**Directions:**
Which lines come from the start of the records through the line that holds "IsDistinct [] = Unit"? Write them out word for word.

◆ ◆ ◆

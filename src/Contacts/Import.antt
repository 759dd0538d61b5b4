-- ===== src/Contacts/Import.antt =====
-- What an import lets in.
use orpal.Base.{
  subst, ◌+◌, refl, sym, ◌∙◌, ◌&&◌, ◌||◌, true, All-append, ◌&&◌, ◌||◌, inr, inl, Bool-cases, true,
  eq_iff, ◌==◌, length-append, if◌then◌else◌, arith, [], suc, ◌∷◌, ◌++◌, String, List, ℕ, ◌+◌, Bool,
  false, ◌≡◌, length, All,
}
use orpal.Base.KeySet.{contains-add, contains}
use orpal.Json.{Json}
use orpal.Contacts.{
  valid, invalid, parse_contact_card, ParsedCard, serialize_card, ContactCard, contact_from_card,
  Contact,
}
use orpal.Contacts.Genuine.{IsBound, parse_contact_card_iff}
use orpal.Contacts.Bundle.{
  card_of, import_entry, overwrite, import_contacts, import_card, OnCollision, import_entries,
  ContactsExport, skips, contact_of, reject, accept, ContactExportEntry, ImportOptions, Imported,
  skip, is_own,
}

-- The contact's binding verifies, and ties its identity key to its transport key; the contact is not
-- the device itself.
pub record IsAdmissible (verify_binding : Json → Bool) (opts : ImportOptions) (c : Contact)
    : Type 0 where
  pub bound : IsBound verify_binding c.identity_key c.transport_key c.binding
  pub foreign : is_own opts.own_key c.identity_key ≡ false
  pub fresh : (opts.on_collision ≡ skip) → contains c.identity_key opts.existing_keys ≡ false

abbrev pub keys : List Contact → List String
keys [] = []
keys (c ∷ cs) = c.identity_key ∷ keys cs

-- No two contacts have one identity key.
abbrev pub IsDistinct : List Contact → Type 0
IsDistinct [] = Unit {0}
IsDistinct (c ∷ cs) = (contains c.identity_key (keys cs) ≡ false) × IsDistinct cs

contains-keys_append :
    (k : String) (cs : List Contact) (c : Contact)
    → contains k (keys (cs ++ c ∷ []))
      ≡ (if c.identity_key == k then true else contains k (keys cs))
unfolding contains
contains-keys_append k [] c = refl
contains-keys_append k (d ∷ cs) c = ground (arith, contains-keys_append k cs c)

append-IsDistinct :
    (cs : List Contact) (c : Contact)
    → IsDistinct cs
    → contains c.identity_key (keys cs) ≡ false
    → IsDistinct (cs ++ c ∷ [])
unfolding contains
append-IsDistinct [] c d h = (refl, tt)
append-IsDistinct (e ∷ cs) c (absent, d) h = (
  ground (
    arith,
    contains-keys_append e.identity_key cs c,
    eq_iff e.identity_key c.identity_key,
    eq_iff c.identity_key e.identity_key,
  ),
  append-IsDistinct cs c d (ground arith),
)

free_of :
    (x y : Bool) (o : OnCollision)
    → ((x || y) && skips o) ≡ false
    → o ≡ skip
    → (x ≡ false) × (y ≡ false)
free_of false false o e s = (refl, refl)
free_of true y skip e s = absurd cc
free_of false true skip e s = absurd cc
free_of true y overwrite e s = absurd cc
free_of false true overwrite e s = absurd cc

-- What the loop has come to after `n` entries.
record Inv (verify_binding : Json → Bool) (opts : ImportOptions) (n : ℕ) (acc : Imported)
    : Type 0 where
  counted : acc.imported + acc.skipped + length acc.rejected ≡ n
  listed : acc.imported ≡ length acc.contacts
  admissible : All (IsAdmissible verify_binding opts) acc.contacts
  seen_keys : (k : String) → contains k acc.seen ≡ contains k (keys acc.contacts)
  distinct : opts.on_collision ≡ skip → IsDistinct acc.contacts

module _ (verify_binding : Json → Bool) (opts : ImportOptions) (n : ℕ) (acc : Imported)
    (v : Inv verify_binding opts n acc) (e : ContactExportEntry) where
  reject-Inv : (reason : String) → Inv verify_binding opts (suc n) (reject e reason acc)
  unfolding reject
  reject-Inv reason = record {
    counted = omega (
      arith,
      v.counted,
      length-append acc.rejected (record { identity_key = e.identity_key; reason = reason } ∷ []),
    );
    listed = v.listed;
    admissible = v.admissible;
    seen_keys = v.seen_keys;
    distinct = v.distinct;
  }

  accept-Inv :
      (card : ContactCard)
      → IsBound verify_binding card.identity_key card.transport_key card.binding
      → Inv verify_binding opts (suc n) (accept opts e card acc)
  unfolding accept contact_of contact_from_card
  accept-Inv card b = elim (Bool-cases (is_own opts.own_key card.identity_key)) [
    | inl own ↦ rw (accept, own) (reject-Inv "that-is-your-own-card")
    | inr other ↦
        elim (Bool-cases (
          (contains card.identity_key acc.seen || contains card.identity_key opts.existing_keys)
          && skips opts.on_collision)) [
            | inl collides ↦
                rw (accept, other, collides)
                  (record {
                    counted = omega (arith, v.counted);
                    listed = v.listed;
                    admissible = v.admissible;
                    seen_keys = v.seen_keys;
                    distinct = v.distinct;
                  })
            | inr free ↦
                rw (accept, other, free)
                  (record {
                    counted = omega (arith, v.counted);
                    listed =
                        omega (
                          arith,
                          v.listed,
                          length-append acc.contacts (contact_of opts e card ∷ []),
                        );
                    admissible =
                        All-append (IsAdmissible verify_binding opts) acc.contacts
                          (contact_of opts e card ∷ []) v.admissible
                          (
                            record {
                              bound = b;
                              foreign = other;
                              fresh = λ s.
                                  (free_of (contains card.identity_key acc.seen)
                                    (contains card.identity_key opts.existing_keys)
                                    opts.on_collision free s).1;
                            },
                            tt,
                          );
                    seen_keys = λ k. ground (
                      arith,
                      contains-add card.identity_key k acc.seen,
                      contains-keys_append k acc.contacts (contact_of opts e card),
                      v.seen_keys k,
                    );
                    distinct = λ s.
                        append-IsDistinct acc.contacts (contact_of opts e card) (v.distinct s) (
                          sym (v.seen_keys card.identity_key)
                          ∙ (free_of (contains card.identity_key acc.seen)
                              (contains card.identity_key opts.existing_keys) opts.on_collision free
                              s).0);
                  })
          ]
  ]

-- The outcome of an import.
pub record Outcome (verify_binding : Json → Bool) (opts : ImportOptions) (bundle : ContactsExport)
    (acc : Imported) : Type 0 where
  pub partitioned : acc.imported + acc.skipped + length acc.rejected ≡ length bundle.contacts
  pub listed : acc.imported ≡ length acc.contacts
  pub admissible : All (IsAdmissible verify_binding opts) acc.contacts
  pub distinct : opts.on_collision ≡ skip → IsDistinct acc.contacts

module _ (verify_binding : Json → Bool) (opts : ImportOptions) where
  import_card-Inv :
      (n : ℕ) (acc : Imported) (e : ContactExportEntry) (p : ParsedCard)
      → Inv verify_binding opts n acc
      → parse_contact_card verify_binding (serialize_card (card_of e)) ≡ p
      → Inv verify_binding opts (suc n) (import_card verify_binding opts e p acc)
  unfolding import_card serialize_card
  import_card-Inv n acc e (invalid reason) v h = reject-Inv verify_binding opts n acc v e reason
  import_card-Inv n acc e (valid card) v h =
      accept-Inv verify_binding opts n acc v e card
        ((parse_contact_card_iff verify_binding (serialize_card (card_of e)) card).0 h).bound

  import_entries-Inv :
      (entries : List ContactExportEntry) (n : ℕ) (acc : Imported)
      → Inv verify_binding opts n acc
      → Inv verify_binding opts
          (n + length entries)
          (import_entries verify_binding opts entries acc)
  unfolding import_entries import_entry
  import_entries-Inv [] n acc v = subst (λ k. Inv verify_binding opts k acc) (omega arith) v
  import_entries-Inv (e ∷ entries) n acc v =
      let w = import_entries-Inv entries (suc n) _ (import_card-Inv n acc e _ v refl) in
      subst
        (λ k.
          Inv verify_binding opts k
            (import_entries verify_binding opts entries (import_entry verify_binding opts e acc)))
        (omega arith) w

-- Every contact that an import gives has a binding that verifies and that ties its identity key to
-- its transport key, and is not the device's own; unless collisions overwrite, its key is not among
-- the existing ones and no two contacts have one key. Each entry is imported, skipped or rejected,
-- and the count of the imported is that of the contacts.
pub import_contacts-Admissible :
    (verify_binding : Json → Bool) (bundle : ContactsExport) (opts : ImportOptions)
    → Outcome verify_binding opts bundle (import_contacts verify_binding bundle opts)
unfolding import_contacts
import_contacts-Admissible verify_binding bundle opts =
    let v = import_entries-Inv verify_binding opts bundle.contacts 0 _ start in
    record {
      partitioned = omega (arith, v.counted);
      listed = v.listed;
      admissible = v.admissible;
      distinct = v.distinct;
    }
  where
    start :
        Inv verify_binding opts 0
          (record { contacts = []; imported = 0; skipped = 0; rejected = []; seen = [] })
    start = record {
      counted = refl;
      listed = refl;
      admissible = tt;
      seen_keys = λ k. unfold contains in refl;
      distinct = λ s. tt;
    }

◆ ◆ ◆

**Finished task:**
filename src/Contacts/Import.antt
repository 759dd0538d61b5b4
-- ===== src/Contacts/Import.antt =====
-- What an import lets in.
use orpal.Base.{
  subst, ◌+◌, refl, sym, ◌∙◌, ◌&&◌, ◌||◌, true, All-append, ◌&&◌, ◌||◌, inr, inl, Bool-cases, true,
  eq_iff, ◌==◌, length-append, if◌then◌else◌, arith, [], suc, ◌∷◌, ◌++◌, String, List, ℕ, ◌+◌, Bool,
  false, ◌≡◌, length, All,
}
use orpal.Base.KeySet.{contains-add, contains}
use orpal.Json.{Json}
use orpal.Contacts.{
  valid, invalid, parse_contact_card, ParsedCard, serialize_card, ContactCard, contact_from_card,
  Contact,
}
use orpal.Contacts.Genuine.{IsBound, parse_contact_card_iff}
use orpal.Contacts.Bundle.{
  card_of, import_entry, overwrite, import_contacts, import_card, OnCollision, import_entries,
  ContactsExport, skips, contact_of, reject, accept, ContactExportEntry, ImportOptions, Imported,
  skip, is_own,
}

-- The contact's binding verifies, and ties its identity key to its transport key; the contact is not
-- the device itself.
pub record IsAdmissible (verify_binding : Json → Bool) (opts : ImportOptions) (c : Contact)
    : Type 0 where
  pub bound : IsBound verify_binding c.identity_key c.transport_key c.binding
  pub foreign : is_own opts.own_key c.identity_key ≡ false
  pub fresh : (opts.on_collision ≡ skip) → contains c.identity_key opts.existing_keys ≡ false

abbrev pub keys : List Contact → List String
keys [] = []
keys (c ∷ cs) = c.identity_key ∷ keys cs

-- No two contacts have one identity key.
abbrev pub IsDistinct : List Contact → Type 0
IsDistinct [] = Unit {0}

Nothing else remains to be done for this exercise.